I head a hissing noise and realized a moment later I was making it. It was the sound of the air coming out of the room.

“Did we get it all wrong?” Kate asked, looking sharply at Max. But his eyes were on Avery, striding the massive stage in Sydney.

“People say to me, ‘Jim, you’re a dreamer. Hope by itself won’t fix what’s broken in the world. Don’t you see the dark clouds on the horizon? Hope’s not an answer.

“And, you see, all that proves is, they don’t understand Your World. This isn’t about me giving you the answers. This is about what we can build together.” Avery stepped toward the camera, eyeing it like the prettiest girl at the dance. “Hope isn’t The Answer-Hope is our belief that, together, we can find answers. When you join Your World, you become a member of a worldwide community who refuse to be categorized, refuse to be led, people who band together to make their own towns and cities into better places to live. Not to build the world I want for them or what Government wants. What they want.”

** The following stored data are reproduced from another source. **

-- ===== src/Engine/Graph.antt =====
-- Graphs, their maps and the events that follow a node (`_buildNodeMap`, `_buildPortLabelMap`,
-- `_inferConnectionType`, `_buildConnectionMap`, `_findStartNode`, `_getDownstreamEvents`,
-- `_enqueueAllDownstreamEvents`, source/services/Ultravisor-ExecutionEngine.cjs). Of a node the
-- settings are left out, of a task type's definition what no branch reads.
use ultravisor.Base.{
  ◌==◌, Bool, false, ◌||◌, Option, none, some, List, [], ◌∷◌, ◌++◌, if◌then◌else◌, or_num, or_else,
}
use ultravisor.Base.Dict.{Dict, lookup, insert}
use ultravisor.Work.{Text}
use ultravisor.Engine.Names.{
  Name, Labels, same_name, includes, event_in, event_out, state_in, state_out, label_of_port,
  set_label, extract_port_name, is_empty,
}

abbrev pub start_type : Text
start_type = 1

abbrev pub end_type : Text
end_type = 2

pub record Port : Type 0 where
  pub port_hash : Name
  pub label : Name

pub record Node : Type 0 where
  pub hash : Text
  pub node_type : Text
  -- `DefinitionHash`, 0 where it is missing.
  pub definition : Text
  pub ports : List Port

-- `ConnectionType` in lower case.
pub data Kind : Type 0 where
  event_kind state_kind other_kind : Kind

pub record Conn : Type 0 where
  pub source : Text
  pub target : Text
  pub source_port : Name
  pub target_port : Name
  pub kind : Option Kind

pub record Graph : Type 0 where
  pub nodes : List Node
  pub connections : List Conn

pub record EventOutput : Type 0 where
  pub event_name : Name
  pub is_error : Bool

-- A task type as the registry describes it.
pub record Definition : Type 0 where
  pub event_outputs : List EventOutput
  pub state_outputs : List Name
  pub event_inputs : List Name
  pub settings_inputs : List Name

-- `none` where the registry is missing.
abbrev pub Registry : Type 0
Registry = Option (Text → Option Definition)

abbrev pub definition_of : Node → Text
definition_of n = or_num n.definition n.node_type

unfoldable pub node_map_from : List Node → Dict Node → Dict Node
node_map_from [] m = m
node_map_from (n ∷ ns) m = node_map_from ns (insert n.hash n m)

unfoldable pub build_node_map : Graph → Dict Node
unfolding node_map_from
build_node_map g = node_map_from g.nodes []

abbrev pub label_or : Port → Name
label_or p = if is_empty p.label then p.port_hash else p.label

unfoldable pub labels_of_ports : List Port → Labels → Labels
labels_of_ports [] m = m
labels_of_ports (p ∷ ps) m = labels_of_ports ps (set_label p.port_hash (label_or p) m)

unfoldable pub labels_from : List Node → Labels → Labels
unfolding labels_of_ports
labels_from [] m = m
labels_from (n ∷ ns) m = labels_from ns (labels_of_ports n.ports m)

unfoldable pub build_label_map : Graph → Labels
unfolding labels_from
build_label_map g = labels_from g.nodes []

unfoldable pub has_name : Name → List Name → Bool
unfolding same_name
has_name x [] = false
has_name x (y ∷ ys) = same_name y x || has_name x ys

unfoldable pub has_output : Name → List EventOutput → Bool
unfolding same_name
has_output x [] = false
has_output x (o ∷ os) = same_name o.event_name x || has_output x os

-- The label of a port, the empty text where it has none.
abbrev pub known_label : Name → Labels → Name
known_label h labels = or_else (label_of_port h labels) []

abbrev pub define : Registry → Option Node → Option Definition
define none n = none
define (some get) none = none
define (some get) (some n) = get (definition_of n)

unfoldable pub kind_by_source : Option Definition → Name → Option Kind
unfolding has_name has_output
kind_by_source none label = none
kind_by_source (some d) label =
    if has_output label d.event_outputs
    then some event_kind
    else (if has_name label d.state_outputs then some state_kind else none)

unfoldable pub kind_by_target : Option Definition → Name → Option Kind
unfolding has_name
kind_by_target none label = none
kind_by_target (some d) label =
    if has_name label d.event_inputs
    then some event_kind
    else (if has_name label d.settings_inputs then some state_kind else none)

abbrev pub is_terminus : Option Node → Bool
is_terminus none = false
is_terminus (some n) = n.node_type == start_type || n.node_type == end_type

abbrev pub first_kind : Option Kind → Kind → Kind
first_kind none k = k
first_kind (some k) other = k

-- Markers in the port hashes, then the start and end nodes, then the two task types.
unfoldable pub infer_kind : Registry → Dict Node → Labels → Conn → Kind
unfolding kind_by_source kind_by_target includes
infer_kind registry nodes labels c =
    let source = lookup c.source nodes in
    let target = lookup c.target nodes in
    if includes event_out c.source_port || includes event_in c.target_port
    then event_kind
    else (if includes state_out c.source_port || includes state_in c.target_port
        then state_kind
        else (if is_terminus source || is_terminus target
            then event_kind
            else first_kind
                (kind_by_source (define registry source) (known_label c.source_port labels))
                (first_kind
                  (kind_by_target (define registry target) (known_label c.target_port labels))
                  event_kind)))

pub record ConnectionMap : Type 0 where
  pub event_sources : Dict (List Conn)
  pub state_targets : Dict (List Conn)

abbrev pub conns_at : Text → Dict (List Conn) → List Conn
conns_at k m = or_else (lookup k m) []

abbrev pub push_conn : Text → Conn → Dict (List Conn) → Dict (List Conn)
push_conn k c m = insert k (conns_at k m ++ c ∷ []) m

abbrev pub kind_of : Registry → Dict Node → Labels → Conn → Kind
kind_of registry nodes labels c = elim c.kind [
  | some k ↦ k
  | none ↦ infer_kind registry nodes labels c
]

abbrev pub add_conn : Kind → Conn → ConnectionMap → ConnectionMap
add_conn event_kind c m = record m { event_sources = push_conn c.source c m.event_sources }
add_conn state_kind c m = record m { state_targets = push_conn c.target c m.state_targets }
add_conn other_kind c m = m

unfoldable pub conn_map_from :
    Registry → Dict Node → Labels → List Conn → ConnectionMap → ConnectionMap
unfolding infer_kind
conn_map_from registry nodes labels [] m = m
conn_map_from registry nodes labels (c ∷ cs) m =
    conn_map_from registry nodes labels cs (add_conn (kind_of registry nodes labels c) c m)

unfoldable pub build_connection_map : Registry → Graph → ConnectionMap
unfolding conn_map_from build_node_map build_label_map
build_connection_map registry g =
    conn_map_from registry (build_node_map g) (build_label_map g) g.connections
      (record { event_sources = []; state_targets = [] })

unfoldable pub find_start : List Node → Option Node
find_start [] = none
find_start (n ∷ ns) =
    let later = find_start ns in if n.node_type == start_type then some n else later

-- An event that waits in the queue.
pub record Event : Type 0 where
  pub at_node : Text
  pub event : Name

abbrev pub event_for : Labels → Conn → Event
event_for labels c = record { at_node = c.target; event = extract_port_name c.target_port labels }

-- The events of the connections whose source port has the event's name.
unfoldable pub downstream : Labels → Name → List Conn → List Event
unfolding same_name
downstream labels ev [] = []
downstream labels ev (c ∷ cs) =
    let later = downstream labels ev cs in
    if same_name (extract_port_name c.source_port labels) ev
    then event_for labels c ∷ later
    else later

unfoldable pub all_downstream : Labels → List Conn → List Event
all_downstream labels [] = []
all_downstream labels (c ∷ cs) = event_for labels c ∷ all_downstream labels cs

“What a crock,” I said but Max shushed me right away.

“Quiet,” he said. “He’s talking to us.”

Avery stood heroic, right above the camera, a spotlight winking out behind him as he gestured. “So if the dark clouds are coming, I say let them come. They always have, all through history. But we have a way to fight back!”

Max switched it off. He turned to us, galvanized. “It’s real,” he said. “We’re not wrong.”

“So the whole thing’s a recruiting drive for Your World?” Kate asked, not convinced and I wasn’t sure either.

“Why not? He’s positioning, marketing his corporation. Tonight, he sounds optimistic: I’m not worried about the dark clouds. Tomorrow, they’ll look back at how brilliant, prescient-”

“Almost like he knew what was comin’-”

“Eerie, isn’t it?”

“But what does it get him? What’s he do when they’re all members?”

“Every time Avery speaks of Hope, underneath, he’s festering anger, resentment. I sensed it in the car going to L Corp-in him, they’re the two sides of the same coin. He’s telling his followers, ‘Bring us your anger and we’ll do something about it’. I don’t have to know every detail to know how bad that is.”

Kate bit her lip until it bled. “I’m not asking for details. I just want to know we’re not fooling ourselves. How do we know? For sure?”